Why won’t the ECB buy Portuguese debt?

By:
Kanika SaigalEuromoney Skew
Published on:

If the ECB were to pro-actively purchase Portugese debt it would aid its stated objective of boosting the monetary transmission channel while failure to do so is counter-productive, argues JPMorgan.

When the ECB waved its magic wand last month and announced that another acronym would save the day (OMT - outright monetary transactions - in case you have been sleeping in a bunker), eurozone watchers pondered over what would happen to the likes of Portugal, a member state that is already under a macroeconomic adjustment programme.

On the face of it, Portugal was given a lifeline: bond purchases “may be considered for Member States currently under a macroeconomic adjustment programme when they will be regaining bond market access,” said the ECB.

Ahead of that announcement, JP Morgan’s Malcolm Barr argued why it would make sense for the ECB to intervene in Portugal as soon as it re-entered the market.

Yesterday, Portugal exchanged €3.75bn of debt maturing in September 2013 for debt maturing two years later alongside an announcement of tax hikes to keep its consolidation and adjustment plan on track. On the whole, Portugal’s economic reforms and performance have been relatively strong, well, compared to its shrivelling neighbour Spain at least. Yesterday would have been perfect timing for the ECB to go into Portugal, argues Barr.

But this didn’t happen. So for the time being, “Portuguese authorities will continue to attempt to implement austerity amid declining GDP, but facing very short term interest rates which are inappropriately high,” says Barr.

What was the reason for this? Christian Shultz at Berenberg Bank told us:

 “Only a country with market access together with a program can benefit from ECB bond purchases. Portugal doesn’t have meaningful market access right now. Before the 2 October, Portugal only had access to the market through short term bills, and yesterday they issued their first bond swap. If they follow a similar pattern to Ireland, and issue a small amount of bonds in the primary market in a couple of months, then the ECB could legitimately intervene if monetary transition is under pressure then.”

Moreover:
 “It is not in the ECB’s remit to intervene just to bring down borrowing costs. This would create a moral hazard, which the ECB wants to avoid.”

For Barr, the reason stems from different sentiment:
 “Perhaps buying Portuguese debt on the inception of the programme was a step too far for the non-German members of the council. It may also have raised some tricky issues about (a) how to deal with the issue of Greek programme compliance, and (b) the operational detail of how to conduct the purchases on a day-to-day basis, that the ECB were not ready to answer on September 6th. These arguments do not strike us as very strong ones for the path the ECB has taken.”
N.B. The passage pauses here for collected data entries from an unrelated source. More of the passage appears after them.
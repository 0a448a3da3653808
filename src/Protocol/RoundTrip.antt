-- ===== src/Protocol/RoundTrip.antt =====
-- `encode` and `decode` together.
use mathlib.Core.Option.{some-injective}
use low_latency_market_data.Common.{
  ◌⊎◌, ℕ, ◌+◌, ◌≤◌, ◌<◌, ◌≡◌, refl, sym, ap, ◌∙◌, List, ◌∷◌, ◌++◌, get_elem?-append, length-append,
  err, length, drop, drop-append, le→ltb, Expected, ok, Option, some, arith,
}
use low_latency_market_data.Protocol.Messages.{
  DecodedMessage, add, cancel, execute, replace, IsMessage, header_size, type_add, type_replace,
}
use low_latency_market_data.Protocol.Encoder.{encode}
use low_latency_market_data.Protocol.Encoder.Wire.{
  wire, wire_size, HasSymbol, length-wire, encode_lem,
}
use low_latency_market_data.Protocol.ByteOrder.{get_u8, get_u16}
use low_latency_market_data.Protocol.Decoder.{DecodeError, truncated_message, decode}
use low_latency_market_data.Protocol.Decoder.Errors.{
  Known, type_of, Outcome, no_header, unknown_type, wrong_length, cut_short, accepted,
  decode-Outcome,
}
use low_latency_market_data.Protocol.Decoder.Wire.{decode-wire}

IsMessage→HasSymbol : (m : DecodedMessage) → IsMessage m → HasSymbol m
IsMessage→HasSymbol (add m) v = v.symbol.0
IsMessage→HasSymbol (cancel m) v = tt
IsMessage→HasSymbol (execute m) v = tt
IsMessage→HasSymbol (replace m) v = tt

IsMessage→length : (m : DecodedMessage) → IsMessage m → length (wire m) ≡ wire_size m
IsMessage→length m v = length-wire m (IsMessage→HasSymbol m v)

fits :
    (m : DecodedMessage) (out : List ℕ)
    → IsMessage m
    → wire_size m ≤ length out
    → encode m out ≡ some (ok (wire_size m), wire m ++ drop (wire_size m) out)
fits m out v h =
    encode_lem m out (IsMessage→HasSymbol m v) ∙ rw (le→ltb (length out) (wire_size m) h)

-- Every message whose fields fit their C++ types, encoded into a span with room for it, is read back
-- by `decode`; `encode` returns its wire size, and leaves the bytes of the span behind it as they were.
pub decode-encode :
    (m : DecodedMessage) (out : List ℕ)
    → IsMessage m
    → wire_size m ≤ length out
    → (out' : List ℕ) × (encode m out ≡ some (ok (wire_size m), out'))
      × (decode out' ≡ some (ok m))
      × (drop (wire_size m) out' ≡ drop (wire_size m) out)
decode-encode m out v h = (
  wire m ++ drop (wire_size m) out,
  fits m out v h,
  decode-wire m (drop (wire_size m) out) v,
  rest (wire m) (wire_size m) (IsMessage→length m v),
)
  where
    rest : (xs : List ℕ) (n : ℕ) → length xs ≡ n → drop n (xs ++ drop n out) ≡ drop n out
    rest xs n e = rw (← e) (drop-append xs (drop (length xs) out))

wire_type : (m : DecodedMessage) → get_u8 (wire m) 0 ≡ some (type_of m)
unfolding get_u8
wire_type (add m) = refl
wire_type (cancel m) = refl
wire_type (execute m) = refl
wire_type (replace m) = refl

wire_length : (m : DecodedMessage) → get_u16 (wire m) 1 ≡ some (wire_size m)
unfolding get_u16
wire_length (add m) = refl
wire_length (cancel m) = refl
wire_length (execute m) = refl
wire_length (replace m) = refl

get_u8_front :
    (front back : List ℕ) → header_size ≤ length front → get_u8 (front ++ back) 0 ≡ get_u8 front 0
unfolding get_u8
get_u8_front front back h = get_elem?-append front back 0 (omega arith)

get_u16_front :
    (front back : List ℕ) → header_size ≤ length front → get_u16 (front ++ back) 1 ≡ get_u16 front 1
unfolding get_u16
get_u16_front front back h =
    rw (
      get_elem?-append front back 1 (omega arith),
      get_elem?-append front back (1 + 1) (omega arith),
    )

header-le-wire_size : (m : DecodedMessage) → header_size ≤ wire_size m
header-le-wire_size (add m) = omega arith
header-le-wire_size (cancel m) = omega arith
header-le-wire_size (execute m) = omega arith
header-le-wire_size (replace m) = omega arith

not_unknown :
    (m : DecodedMessage) (type : ℕ)
    → type_of m ≡ type
    → ¬ ((type < type_add) ⊎ (type_replace < type))
not_unknown (add m) type e u = ground arith
not_unknown (cancel m) type e u = ground arith
not_unknown (execute m) type e u = ground arith
not_unknown (replace m) type e u = ground arith

wire_size-Known :
    (m : DecodedMessage) (type size : ℕ) → type_of m ≡ type → Known type size → wire_size m ≡ size
wire_size-Known (add m) type size e k = ground arith
wire_size-Known (cancel m) type size e k = ground arith
wire_size-Known (execute m) type size e k = ground arith
wire_size-Known (replace m) type size e k = ground arith

short-Outcome :
    (m : DecodedMessage) (buf : List ℕ) {r : Option (Expected DecodeError DecodedMessage)}
    → (header_size ≤ length buf
        → (get_u8 buf 0 ≡ some (type_of m)) × (get_u16 buf 1 ≡ some (wire_size m)))
    → length buf < wire_size m
    → Outcome buf r
    → r ≡ some (err truncated_message)
short-Outcome m buf head short (no_header h e) = e
short-Outcome m buf head short (unknown_type type h t u e) =
    absurd (not_unknown m type (some-injective _ _ (sym (head h).0 ∙ t)) u)
short-Outcome m buf head short (wrong_length type len size h t l k ne e) = absurd (
    ne (
      sym (some-injective _ _ (sym (head h).1 ∙ l))
      ∙ wire_size-Known m type size (some-injective _ _ (sym (head h).0 ∙ t)) k))
short-Outcome m buf head short (cut_short type size h t l k cut e) = e
short-Outcome m buf head short (accepted m' t s fit e) =
    let h : header_size ≤ length buf = omega (arith, header-le-wire_size m') in
    absurd (omega (arith, some-injective _ _ (sym (head h).1 ∙ s)))

-- Every proper prefix of a message's bytes is answered with `truncated_message`.
pub decode_truncated :
    (m : DecodedMessage) (front back : List ℕ) (x : ℕ)
    → IsMessage m
    → wire m ≡ front ++ (x ∷ back)
    → decode front ≡ some (err truncated_message)
decode_truncated m front back x v e =
    short-Outcome m front
      (λ h. (
        sym (get_u8_front front (x ∷ back) h) ∙ ap (λ b. get_u8 b 0) (sym e) ∙ wire_type m,
        sym (get_u16_front front (x ∷ back) h) ∙ ap (λ b. get_u16 b 1) (sym e) ∙ wire_length m,
      ))
      (omega (arith, ap length e, length-append front (x ∷ back), IsMessage→length m v))
      (decode-Outcome front)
But not intervening in Portugal was misguided, for three reasons, argues Barr. Firstly:
 “It is simply bad policy. Why should countries who are deemed compliant with their overall macroeconomic adjustment programme have to wait until they are returning to markets before their monetary transmission is corrected? Even if such states are not issuing debt into the market, the yields on the outstanding stock of government paper matter for economic performance in a number of ways. They impact the value of assets held by banks and others, and hence credit availability and other asset prices. They also act as a reference point from which other interest rates are set. To the extent that countries are implementing fiscal tightening and structural reform, as specified in their adjustment programme, the need for monetary stimulus as an offset is very clear. In the case of Ireland, one can argue that rates on short term sovereign paper are sufficiently low that a correction of monetary transmission is not needed. But with Portuguese three year paper yielding near 5%, the case for intervention remains clear.”

Secondly:
It undermines the ECB’s stated objective of OMT, which is to improve monetary transmission, and makes it look more like monetary financing of deficits. The fact that the ECB will intervene only in cases where sovereigns are actively seeking to sell debt into markets reinforces the idea that the OMT is really about providing a backstop to sovereign financing, rather than imposing monetary transmission.”  

And finally:
“There are a number of tactical advantages to launching OMT in Portugal. Unlike Spain, a decision to launch OMT in Portugal does not need to be preceded by a political process of agreeing conditionality and the terms of official support, as this is already in place. Moreover, the market for Portuguese 1-3 year sovereign debt is relatively small, with less than €30bn outstanding. Hence it would not take a large scale commitment of the ECB’s balance sheet to have a very significant impact in yields, or to be able police yields at a low level. An early demonstration of the effectiveness of the OMT would help create a precedent to help distinguish it from the prior SMP in the eyes of market participants.”